En effet, c'est dans la nuit du 1er septembre 2006 que la brigade de gendarmerie de Waoundé est informée qu'une dame qui était enceinte ne portait plus sa grossesse alors que personne n'était au courant de son accouchement. C'est sur ces entrefaites que les gendarmes se transportent au domicile conjugal de Salimata Diop, qui reconnaît avoir accouché le 24 août 2006 d'un enfant mort-né dont elle ignore le sexe et qu'elle a inhumé au bord du fleuve. L'exhumation du corps, le 2 septembre, a permis la découverte d'un des restes d'un os ressemblant à celui d'un crâne. Et le certificat de genre de mort délivré par l'homme de l'art fait état d'un fragment de la croûte crânienne d'un nouveau-né qui ne permettait pas d'avoir des éléments d'orientation pour déterminer les causes de la mort.

A la barre, Salimata Diop, qui en était à sa troisième grossesse hors mariage, a précisé qu'elle était enceinte de l'oeuvre d'un certain Adama Lam, qui réfutera d'ailleurs à la barre avoir eu des contacts physiques avec l'accusée. Toutefois, elle a soutenu que cette grossesse n'est jamais arrivée à terme. Elle a été constante sur le fait que cette « erreur » n'était arrivée qu'à son troisième mois. Poursuivant, elle a expliqué que le jour des faits, elle a senti des douleurs au bas ventre et, profitant de la vacuité de la maison, elle est allée aux toilettes où elle s'est étalée sur une natte qu'elle avait pris le soin d'emporter avec elle. C'est une heure plus tard qu'elle a senti « l'enfant » sortir de son ventre. Elle a, par la suite, mis la « chose » dans un seau avant d'aller tranquillement l'enterrer au bord du fleuve. Mais ce qui a étonné l'avocat général, c'est le fait que cette dame qui, auparavant, a eu cinq grossesses normales, ait caché son état à son entourage et refusé de faire des visites prénatales. Il s'est demandé si le fait que son mari se trouve en France et le refus du présumé auteur de cette grossesse n'étaient pas une raison pour l'accusée de commettre son acte. Mais Salimata Diop a expliqué qu'elle tenait bien à garder son enfant si jamais il était arrivé à terme et son mari ne verrait aucun inconvénient à cela.

Le représentant du ministère public a trouvé louche qu'elle n'ait pas pris le soin d'aller dans une structure médicale. Mais, malgré toutes les contradictions qu'il a relevées dans les déclarations de l'accusée, il a reconnu sa constance, car Salimata Diop, du début à la fin, a soutenu que l'enfant n'était pas en vie. Il a reconnu la carence du dossier. Pour l'avocat général, plusieurs éléments permettent d'accréditer la thèse de l'infanticide. Car, a-t-il estimé, l'accusée n'est pas novice en la matière, mais aussi n'a pas voulu que l'on sache qu'elle était en état de grossesse, en atteste son refus d'effectuer des visites prénatales.
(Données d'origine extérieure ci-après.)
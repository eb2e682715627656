-- ===== src/Backtest/LobsterReplay.antt =====
-- backtest/lobster_replay.h and lobster_replay.cpp: the rows of a file of recorded orders become market
-- updates. The file is the list of its lines; opening it, the thread and the logs are not modelled.
pub mod Slots
mod Tests
use nano_trade.Base.{
  ℕ, zero, suc, ◌+◌, Bool, true, false, ◌==◌, ltb, if◌then◌else◌, update, Option, none, some, List,
  [], ◌∷◌, ◌++◌,
}
use nano_trade.Base.Int.{ℤ, pos, negsuc, eqb_ℤ}
use nano_trade.Common.Types.{Side, me_max_order_ids, to_u64}
use nano_trade.Exchange.Messages.{MarketUpdateType, MeMarketUpdate, MdpMarketUpdate}
use nano_trade.Backtest.Csv.{Text, next_field}
use nano_trade.Backtest.Stream.{is_add, is_cancel, is_invalid}

-- What `std::from_chars` makes of a field, for each type of integer; the value stays 0 when there is
-- no number.
pub record FromChars : Type 0 where
  pub to_int : Text → ℤ
  pub to_uint64 : Text → ℕ
  pub to_price : Text → ℤ
  pub to_qty : Text → ℕ

unfoldable pub map_type : ℤ → MarketUpdateType
map_type t =
    if eqb_ℤ t (pos 1)
    then MarketUpdateType.add
    else if eqb_ℤ t (pos 2)
    then MarketUpdateType.modify
    else if eqb_ℤ t (pos 3)
    then MarketUpdateType.cancel
    else if eqb_ℤ t (pos 4)
    then MarketUpdateType.trade
    else if eqb_ℤ t (pos 5)
    then MarketUpdateType.trade
    else MarketUpdateType.invalid

-- The fields of a row that are read.
pub record Row : Type 0 where
  pub lobster_type : ℤ
  pub lobster_oid : ℕ
  pub size : ℕ
  pub price : ℤ
  pub direction : ℤ

unfoldable pub parse_row : FromChars → Text → Row
parse_row from_chars line =
    let (_, s₁) = next_field line in
    let (type_field, s₂) = next_field s₁ in
    let (oid_field, s₃) = next_field s₂ in
    let (size_field, s₄) = next_field s₃ in
    let (price_field, s₅) = next_field s₄ in
    let (dir_field, _) = next_field s₅ in
    record {
      lobster_type = from_chars.to_int type_field;
      lobster_oid = from_chars.to_uint64 oid_field;
      size = from_chars.to_qty size_field;
      price = from_chars.to_price price_field;
      direction = from_chars.to_int dir_field;
    }

-- `emitted` stands for what is pushed to the output queue, and to that of the simulator where there
-- is one, in order: before each push the thread waits for room in both. `ended` is set by the
-- `break` of the loop.
pub record LobsterReplay : Type 0 where
  pub ticker_id : ℕ
  pub lobster_id_to_slot : ℕ → Option ℕ
  pub next_slot : ℕ
  pub seq_num : ℕ
  pub rows_emitted : ℕ
  pub rows_skipped : ℕ
  pub emitted : List MdpMarketUpdate
  pub ended : Bool

unfoldable pub init : ℕ → LobsterReplay
init ticker_id = record {
  ticker_id = ticker_id;
  lobster_id_to_slot = λ _. none;
  next_slot = 0;
  seq_num = 1;
  rows_emitted = 0;
  rows_skipped = 0;
  emitted = [];
  ended = false;
}

abbrev pub skip_row : LobsterReplay → LobsterReplay
skip_row s = record s { rows_skipped = s.rows_skipped + 1 }

unfoldable pub row_update : (ticker_id slot : ℕ) → MarketUpdateType → Row → MeMarketUpdate
row_update ticker_id slot type row = record {
  type = type;
  order_id = slot;
  ticker_id = ticker_id;
  side = if eqb_ℤ row.direction (pos 1) then Side.buy else Side.sell;
  price = row.price;
  qty = row.size;
  priority = slot;
}

-- The row goes out under its slot; after a CANCEL the slot is forgotten.
unfoldable pub emit_row : LobsterReplay → (slot : ℕ) → MarketUpdateType → Row → LobsterReplay
emit_row s slot type row = record s {
  emitted =
      s.emitted
      ++ record { seq_num = s.seq_num; me_market_update = row_update s.ticker_id slot type row }
        ∷ [];
  seq_num = to_u64 (s.seq_num + 1);
  rows_emitted = s.rows_emitted + 1;
  lobster_id_to_slot =
      if is_cancel type
      then update s.lobster_id_to_slot row.lobster_oid none
      else s.lobster_id_to_slot;
}

-- A row of an order that has no slot: only an ADD is given one.
unfoldable pub new_row : LobsterReplay → MarketUpdateType → Row → LobsterReplay
unfolding emit_row
new_row s type row =
    if is_add type
    then if ltb s.next_slot me_max_order_ids
      then emit_row
          (record s {
            lobster_id_to_slot = update s.lobster_id_to_slot row.lobster_oid (some s.next_slot);
            next_slot = s.next_slot + 1;
          })
          s.next_slot type row
      else record s { ended = true }
    else skip_row s

unfoldable pub slot_row : LobsterReplay → Option ℕ → MarketUpdateType → Row → LobsterReplay
unfolding new_row
slot_row s none type row = new_row s type row
slot_row s (some slot) type row = emit_row s slot type row

unfoldable pub replay_row : LobsterReplay → Row → LobsterReplay
unfolding slot_row
replay_row s row =
    let type = map_type row.lobster_type in
    if is_invalid type
    then skip_row s
    else slot_row s (s.lobster_id_to_slot row.lobster_oid) type row

unfoldable pub replay_line : FromChars → LobsterReplay → Text → LobsterReplay
unfolding replay_row
replay_line from_chars s [] = s
replay_line from_chars s (c ∷ cs) = replay_row s (parse_row from_chars (c ∷ cs))

-- The loop of `run` over the lines of the file, while it is not stopped.
unfoldable pub replay_lines : FromChars → LobsterReplay → List Text → LobsterReplay
unfolding replay_line
replay_lines from_chars s [] = s
replay_lines from_chars s (l ∷ ls) =
    let rest = replay_lines from_chars (replay_line from_chars s l) ls in
    if s.ended then s else rest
Pour l'infanticide, l'avocat général s'en est remis à la sagesse de la cour. S'agissant de la violation des lois sur les inhumations, il a requis six mois d'emprisonnement ferme.

De son côté, l'avocat de la défense a demandé l'acquittement de sa cliente. Selon Me Mamadou Ciré Bâ, on ne peut pas poursuivre Salimata Diop du délit d'infanticide parce qu'il n'y a pas de preuve qui permette d'aller dans le sens d'une condamnation.

La cour a finalement acquitté Salimata Diop pour le chef d'infanticide, mais l'a condamnée à deux mois d'emprisonnement ferme pour la violation des lois sur les inhumations.